Carding
Professional
- Messages
- 2,870
- Reaction score
- 2,511
- Points
- 113
Digicel Pacific is a new spy hub in the Pacific region.
As Citizen Lab researchers recently found out, the telecommunications company Digicel Pacific, owned by Australia and operating in the Pacific Islands, was most likely used by private spy firms to spy on and steal people's data around the world.
Experts analyzed data from Mobile Surveillance Monitor and found that unknown attackers, probably private spies, used the resources of the Digicel Pacific network to attack mobile phones in Africa. Such attacks have previously been used by firms engaged in espionage for hire, as well as state actors.
The attackers used Digicel Pacific's Global Title to send requests to mobile phones around the world. These queries can be used to determine the phone's location, intercept messages, and make calls.
"Global headers are sort of addresses on 3G networks that can be used to send requests to phones connected to mobile carriers anywhere on Earth," explained Gary Miller, a research associate at Citizen Lab.
Data analysis over the past 12 months revealed more than 21,000 suspicious requests using Digicel Pacific global headers from 5 countries: Fiji, Papua New Guinea, Samoa, Tonga and Vanuatu. After a brief lull, the number of attacks has increased sharply again in recent months.
Although hackers used Digicel's global headers, the attacks bypassed Digicel's networks. Their lease allowed the attackers to hide their identity.
The abuse of Digicel Pacific's resources occurred even before the company's purchase by the Australian telecommunications operator Telstra in July 2022. And despite the fact that the provider previously promised to stop renting out Digicel global headers to third parties, Citizen Lab experts found that attackers continued to use them.
Experts believe that the company could have taken much more drastic measures to curb abuse, but for some reason it did not. A banal lease termination is not enough — global headlines must be completely removed from global networks.

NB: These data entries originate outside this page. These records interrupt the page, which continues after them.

-- ===== src/Api/App/ReadRoutes.antt =====
-- Which exceptions leave the routes of drivers, riders and figures, and the look-up of a ride: app/api.
use realtime_ride_matching_e.Prelude.{ℕ, Option, none, some, List, [], ◌∷◌}
use realtime_ride_matching_e.Config.{Env}
use realtime_ride_matching_e.Floats.{Float}
use realtime_ride_matching_e.Models.{Driver, DriverStatus, RideStatus, Rider, Ride}
use realtime_ride_matching_e.Observability.Metrics.{MetricsSnapshot}
use realtime_ride_matching_e.Program.Commands.{
  Exn, Prog, driver_not_found, ride_not_found, database_error, raise,
}
use realtime_ride_matching_e.Program.Raises.{Raises, gives, throws, IsDatabaseError, raises_rules}
use realtime_ride_matching_e.Repositories.Drivers as DriverRepository
use realtime_ride_matching_e.Repositories.Rides as RideRepository
use realtime_ride_matching_e.Repositories.Riders as RiderRepository
use realtime_ride_matching_e.Pricing.{surge_of_zones, surge_by_zone}
use realtime_ride_matching_e.Api.Drivers
use realtime_ride_matching_e.Api.Rides
use realtime_ride_matching_e.Api.Stats
use realtime_ride_matching_e.Api.App.Kinds.{
  OfDriver, OfLookup, AllowsDatabase, commits, get_driver-Raises, get_ride-Raises, clock_or-Raises,
  zone_surge-Raises,
}

unknown_driver : {A : Type 0} → Raises OfDriver {A = A} (raise driver_not_found)
unknown_driver = throws driver_not_found tt

or_not_found-Raises : (found : Option Driver) → Raises OfDriver (Drivers.or_not_found found)
or_not_found-Raises none = unknown_driver
or_not_found-Raises (some d) = gives d

module _ {E : Exn → Type 0} (db : AllowsDatabase E) where
  commit_and_refresh-Raises : (id : ℕ) → Raises E (Drivers.commit_and_refresh id)
  unfolding Drivers.commit_and_refresh
  commit_and_refresh-Raises id =
      let gone : Raises E {A = Driver} (raise database_error) = throws database_error db.1 in
      commits db _ (search (raises_rules, get_driver-Raises, gone))

module _ {E : Exn → Type 0} where
  create-Raises :
      (lat lng : Float) (h3_index zone_id : ℕ) (status : DriverStatus)
      → Raises E (DriverRepository.create lat lng h3_index zone_id status)
  unfolding DriverRepository.create
  create-Raises lat lng h3_index zone_id status = search raises_rules depth 10

  update_location-Raises :
      (id : ℕ) (lat lng : Float) (h3_index zone_id : ℕ)
      → Raises E (DriverRepository.update_location id lat lng h3_index zone_id)
  unfolding DriverRepository.update_location
  update_location-Raises id lat lng h3_index zone_id =
      search (raises_rules, get_driver-Raises) depth 10

  pub list_drivers-Raises : (status : Option DriverStatus) → Raises E (Drivers.list_drivers status)
  unfolding Drivers.list_drivers DriverRepository.list_all DriverRepository.list_by_status
  list_drivers-Raises none = search raises_rules
  list_drivers-Raises (some status) = search raises_rules

  surge_of_zones-Raises :
      (env : Env) (at : ℕ) (zones : List ℕ) → Raises E (surge_of_zones env at zones)
  unfolding surge_of_zones
  surge_of_zones-Raises env at [] = gives []
  surge_of_zones-Raises env at (zone ∷ zones) =
      search (raises_rules, zone_surge-Raises, surge_of_zones-Raises env at zones) depth 8

  surge_by_zone-Raises : (env : Env) (pinned : Option ℕ) → Raises E (surge_by_zone env pinned)
  unfolding surge_by_zone RideRepository.list_recent_zone_ids
  surge_by_zone-Raises env pinned =
      search (raises_rules, clock_or-Raises, surge_of_zones-Raises) depth 8

  count_rides-Raises : (st : RideStatus) → Raises E (RideRepository.count_by_status st)
  unfolding RideRepository.count_by_status
  count_rides-Raises st = search raises_rules

  count_drivers-Raises : (st : DriverStatus) → Raises E (DriverRepository.count_by_status st)
  unfolding DriverRepository.count_by_status
  count_drivers-Raises st = search raises_rules

  count_active-Raises : Raises E Stats.count_active_rides
  unfolding Stats.count_active_rides
  count_active-Raises = search (raises_rules, count_rides-Raises) depth 8

  pub get_stats-Raises :
      (env : Env) (metrics : MetricsSnapshot) (latencies : Float × Float × Float)
      → Raises E (Stats.get_stats env metrics latencies)
  unfolding Stats.get_stats
  get_stats-Raises env metrics latencies =
      search
        (
          raises_rules, count_active-Raises, surge_by_zone-Raises, count_rides-Raises,
          count_drivers-Raises,
        )
        depth 16

pub create_driver-Raises :
    (env : Env) (lat lng : Float) → Raises IsDatabaseError (Drivers.create_driver env lat lng)
unfolding Drivers.create_driver
create_driver-Raises env lat lng =
    search (raises_rules, create-Raises, commit_and_refresh-Raises {E = IsDatabaseError} (tt, tt))
      depth 8

pub update_location_route-Raises :
    (env : Env) (id : ℕ) (lat lng : Float)
    → Raises OfDriver (Drivers.update_driver_location env id lat lng)
unfolding Drivers.update_driver_location
update_location_route-Raises env id lat lng =
    search
      (
        raises_rules,
        update_location-Raises,
        or_not_found-Raises,
        commit_and_refresh-Raises {E = OfDriver} (tt, tt),
      )
      depth 8

pub create_rider-Raises : (lat lng : Float) → Raises IsDatabaseError (Drivers.create_rider lat lng)
unfolding Drivers.create_rider RiderRepository.create
create_rider-Raises lat lng =
    let gone : Raises IsDatabaseError {A = Rider} (raise database_error) =
      throws database_error tt in
    search
      (
        raises_rules,
        gone,
        λ (A : Type 0) (rest : Prog A). commits {E = IsDatabaseError} (tt, tt) {A = A} rest,
      )
      depth 12

pub get_driver_route-Raises : (id : ℕ) → Raises OfDriver (Drivers.get_driver id)
unfolding Drivers.get_driver
get_driver_route-Raises id = search (raises_rules, get_driver-Raises, or_not_found-Raises)

pub get_ride_route-Raises : (id : ℕ) → Raises OfLookup (Rides.get_ride id)
unfolding Rides.get_ride
get_ride_route-Raises id =
    let missing : Raises OfLookup {A = Ride} (raise ride_not_found) = throws ride_not_found tt in
    search (raises_rules, get_ride-Raises, missing)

Although the purchase of Digicel was seen as a way to prevent spying by China, Chinese intelligence agencies are also known to use similar attacks in other regions of the world. Thus, the leak of global headlines poses a threat not only from commercial spies, but also from state actors.
The problem of abuse of global headers is relevant not only for Digicel. Any telecommunications operator can face similar attacks in the event of a leak or unauthorized lease of its resources by intruders.
Experts urge telecom companies to be vigilant and immediately respond to any signs of network compromise in order to prevent the use of their infrastructure for criminal purposes.
As Citizen Lab researchers recently found out, the telecommunications company Digicel Pacific, owned by Australia and operating in the Pacific Islands, was most likely used by private spy firms to spy on and steal people's data around the world.
Experts analyzed data from Mobile Surveillance Monitor and found that unknown attackers, probably private spies, used the resources of the Digicel Pacific network to attack mobile phones in Africa. Such attacks have previously been used by firms engaged in espionage for hire, as well as state actors.
The attackers used Digicel Pacific's Global Title to send requests to mobile phones around the world. These queries can be used to determine the phone's location, intercept messages, and make calls.
"Global headers are sort of addresses on 3G networks that can be used to send requests to phones connected to mobile carriers anywhere on Earth," explained Gary Miller, a research associate at Citizen Lab.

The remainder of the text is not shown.